Saved data entries
::::::::::

-- ===== src/Mod/Api/Accept.antt =====
-- mod/ModApi.hpp, `AppendEntriesQ`: what a follower stores, and how it answers.
use raft_server.Prelude.{
  Bool-cases, Fault, List, Result-cases, [], append-nil, arith, fault, inl, inr, length, ok, refl,
  subst, sym, to_string, true, ℕ, ◌++◌, ◌+◌, ◌<◌, ◌==◌, ◌^◌, ◌∷◌, ◌≡◌, ◌≢◌, ◌≤◌,
}
use raft_server.Mod.Api.Term.{TermChecked, check_term-TermChecked}
use raft_server.Nanoraft.Broadcast.{set_and_persist_term, term_key}
use raft_server.Easytimer.{follower_heartbeat_timer, fresh_time}
use raft_server.Protocol.{AppendEntriesQ, Entry}
use raft_server.Mod.Api.Entries.{
  cfg_entries, Stores, append_entries-frame, entries-append_entries, resolve_conflicts_no_logs,
}
use raft_server.Mod.Api.Follower.{Matches, entry_term_by_index_lem, fresh_time-frame}
use raft_server.State.{RaftServer}
use raft_server.Env.{Env, put}
use raft_server.Mod.Api.{Verdict, judge, take_entries, append_entries, check_previous, check_term}

abbrev pub acceptance : AppendEntriesQ → Verdict
acceptance q = record { success = true; heartbeat = length q.entries == 0 }

-- The follower's side of an accepted message.
pub record Stored (q : AppendEntriesQ) (s t : RaftServer) : Type 0 where
  pub entries : t.entries ≡ s.entries ++ cfg_entries q.term q.entries
  pub logs : t.logs ≡ []
  pub term : t.current_term ≡ q.term

cfg_entries_none : (term : ℕ) (es : List Entry) → (length es == 0) ≡ true → cfg_entries term es ≡ []
unfolding cfg_entries
cfg_entries_none term [] h = refl
cfg_entries_none term (e ∷ es) h = ground arith

take_entries-Stored :
    (env : Env) (q : AppendEntriesQ) (s : RaftServer)
    → Stores env
    → s.logs ≡ []
    → q.prelogindex + 2 < 2 ^ 32
    → s.current_term ≡ q.term
    → (t : RaftServer) × (take_entries env q s ≡ ok (acceptance q, t)) × Stored q s t
unfolding take_entries cfg_entries
take_entries-Stored env q s stores logs b same = elim (Bool-cases (length q.entries == 0)) [
  | inl without ↦
      let fresh = fresh_time-frame follower_heartbeat_timer s in
      let nothing = cfg_entries_none q.term q.entries without in
      (
        fresh_time follower_heartbeat_timer s,
        ground arith,
        record {
          entries = ground (arith, fresh, nothing, append-nil s.entries);
          logs = ground (arith, fresh);
          term = ground (arith, fresh);
        },
      )
  | inr with_entries ↦
      let unchanged =
        resolve_conflicts_no_logs env q.prelogindex 0 q.entries s logs (omega arith) in
      let frame = append_entries-frame env q.entries s in
      (
        append_entries env q.entries s,
        rw (with_entries, unchanged) refl,
        record {
          entries = ground (arith, entries-append_entries env q.entries s stores);
          logs = cc;
          term = cc;
        },
      )
]

check_previous_complete :
    (q : AppendEntriesQ) (s : RaftServer)
    → q.prelogindex + 1 < 2 ^ 32
    → q.prelogterm + 1 < 2 ^ 32
    → Matches q s.entries
    → check_previous q s ≡ ok true
unfolding check_previous
check_previous_complete q s b c (inl zero_index) = ground arith
check_previous_complete q s b c (inr (e, p, same)) =
    ground (arith, entry_term_by_index_lem q.prelogindex s b)

check_term_ends :
    (env : Env) (q : AppendEntriesQ) (s : RaftServer) {x : Fault}
    → Stores env
    → check_term env q s ≢ fault x
unfolding check_term set_and_persist_term
check_term_ends env q s {x} stores h =
    ground (arith, stores s.state_db (put term_key (to_string q.term)))

-- A message that is not of an older term gets through step 1.
check_term_current :
    (env : Env) (q : AppendEntriesQ) (s : RaftServer)
    → Stores env
    → s.current_term ≤ q.term
    → (t : RaftServer) × (check_term env q s ≡ ok (true, t)) × TermChecked q s true t
check_term_current env q s stores le = elim (Result-cases (check_term env q s)) [
  | inl ((go, t), e) ↦
      let checked = check_term-TermChecked env q s e in
      let goes : go ≡ true = ground (arith, checked.go_on) in
      (t, rw (sym goes) e, subst (λ b. TermChecked q s b t) goes checked)
  | inr (x, e) ↦ absurd (check_term_ends env q s stores e)
]

pub judge_accepts :
    (env : Env) (q : AppendEntriesQ) (s : RaftServer)
    → Stores env
    → s.logs ≡ []
    → q.prelogindex + 2 < 2 ^ 32
    → q.prelogterm + 1 < 2 ^ 32
    → s.current_term ≤ q.term
    → Matches q s.entries
    → (t : RaftServer) × (judge env q s ≡ ok (acceptance q, t)) × Stored q s t
unfolding judge
judge_accepts env q s stores logs b c le match =
    let (s1, p, checked) = check_term_current env q s stores le in
    let frame = checked.frame in
    let (t, p2, st) = take_entries-Stored env q s1 stores (cc) b (ground (arith, checked.term)) in
    let matching = check_previous_complete q s1 (omega arith) c (subst (Matches q) (cc) match) in
    (
      t,
      rw (p, matching, p2) refl,
      record { entries = cc (st.entries); logs = st.logs; term = st.term },
    )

::::::::::

Work required: Transcribe each of the records above exactly.

Task solution:
-- ===== src/Mod/Api/Accept.antt =====
-- mod/ModApi.hpp, `AppendEntriesQ`: what a follower stores, and how it answers.
use raft_server.Prelude.{
  Bool-cases, Fault, List, Result-cases, [], append-nil, arith, fault, inl, inr, length, ok, refl,
  subst, sym, to_string, true, ℕ, ◌++◌, ◌+◌, ◌<◌, ◌==◌, ◌^◌, ◌∷◌, ◌≡◌, ◌≢◌, ◌≤◌,
}
use raft_server.Mod.Api.Term.{TermChecked, check_term-TermChecked}
use raft_server.Nanoraft.Broadcast.{set_and_persist_term, term_key}
use raft_server.Easytimer.{follower_heartbeat_timer, fresh_time}
use raft_server.Protocol.{AppendEntriesQ, Entry}
use raft_server.Mod.Api.Entries.{
  cfg_entries, Stores, append_entries-frame, entries-append_entries, resolve_conflicts_no_logs,
}
use raft_server.Mod.Api.Follower.{Matches, entry_term_by_index_lem, fresh_time-frame}
use raft_server.State.{RaftServer}
use raft_server.Env.{Env, put}
use raft_server.Mod.Api.{Verdict, judge, take_entries, append_entries, check_previous, check_term}

abbrev pub acceptance : AppendEntriesQ → Verdict
acceptance q = record { success = true; heartbeat = length q.entries == 0 }

-- The follower's side of an accepted message.
pub record Stored (q : AppendEntriesQ) (s t : RaftServer) : Type 0 where
  pub entries : t.entries ≡ s.entries ++ cfg_entries q.term q.entries
  pub logs : t.logs ≡ []
  pub term : t.current_term ≡ q.term

cfg_entries_none : (term : ℕ) (es : List Entry) → (length es == 0) ≡ true → cfg_entries term es ≡ []
unfolding cfg_entries
cfg_entries_none term [] h = refl
cfg_entries_none term (e ∷ es) h = ground arith

take_entries-Stored :
    (env : Env) (q : AppendEntriesQ) (s : RaftServer)
    → Stores env
    → s.logs ≡ []
    → q.prelogindex + 2 < 2 ^ 32
    → s.current_term ≡ q.term
    → (t : RaftServer) × (take_entries env q s ≡ ok (acceptance q, t)) × Stored q s t
unfolding take_entries cfg_entries
take_entries-Stored env q s stores logs b same = elim (Bool-cases (length q.entries == 0)) [
  | inl without ↦
      let fresh = fresh_time-frame follower_heartbeat_timer s in
      let nothing = cfg_entries_none q.term q.entries without in
      (
        fresh_time follower_heartbeat_timer s,
        ground arith,
        record {
          entries = ground (arith, fresh, nothing, append-nil s.entries);
          logs = ground (arith, fresh);
          term = ground (arith, fresh);
        },
      )
  | inr with_entries ↦
      let unchanged =
        resolve_conflicts_no_logs env q.prelogindex 0 q.entries s logs (omega arith) in
      let frame = append_entries-frame env q.entries s in
      (
        append_entries env q.entries s,
        rw (with_entries, unchanged) refl,
        record {
          entries = ground (arith, entries-append_entries env q.entries s stores);
          logs = cc;
          term = cc;
        },
      )
]

check_previous_complete :
    (q : AppendEntriesQ) (s : RaftServer)
    → q.prelogindex + 1 < 2 ^ 32
    → q.prelogterm + 1 < 2 ^ 32
    → Matches q s.entries
    → check_previous q s ≡ ok true
unfolding check_previous
check_previous_complete q s b c (inl zero_index) = ground arith
check_previous_complete q s b c (inr (e, p, same)) =
    ground (arith, entry_term_by_index_lem q.prelogindex s b)

check_term_ends :
    (env : Env) (q : AppendEntriesQ) (s : RaftServer) {x : Fault}
    → Stores env
    → check_term env q s ≢ fault x
unfolding check_term set_and_persist_term
check_term_ends env q s {x} stores h =
    ground (arith, stores s.state_db (put term_key (to_string q.term)))

-- A message that is not of an older term gets through step 1.
check_term_current :
    (env : Env) (q : AppendEntriesQ) (s : RaftServer)
    → Stores env
    → s.current_term ≤ q.term
    → (t : RaftServer) × (check_term env q s ≡ ok (true, t)) × TermChecked q s true t
check_term_current env q s stores le = elim (Result-cases (check_term env q s)) [
  | inl ((go, t), e) ↦
      let checked = check_term-TermChecked env q s e in
      let goes : go ≡ true = ground (arith, checked.go_on) in
      (t, rw (sym goes) e, subst (λ b. TermChecked q s b t) goes checked)
  | inr (x, e) ↦ absurd (check_term_ends env q s stores e)
]

pub judge_accepts :
    (env : Env) (q : AppendEntriesQ) (s : RaftServer)
    → Stores env
    → s.logs ≡ []
    → q.prelogindex + 2 < 2 ^ 32
    → q.prelogterm + 1 < 2 ^ 32
    → s.current_term ≤ q.term
    → Matches q s.entries
    → (t : RaftServer) × (judge env q s ≡ ok (acceptance q, t)) × Stored q s t
unfolding judge
judge_accepts env q s stores logs b c le match =
    let (s1, p, checked) = check_term_current env q s stores le in
    let frame = checked.frame in
    let (t, p2, st) = take_entries-Stored env q s1 stores (cc) b (ground (arith, checked.term)) in
    let matching = check_previous_complete q s1 (omega arith) c (subst (Matches q) (cc) match) in
    (
      t,
      rw (p, matching, p2) refl,
      record { entries = cc (st.entries); logs = st.logs; term = st.term },
    )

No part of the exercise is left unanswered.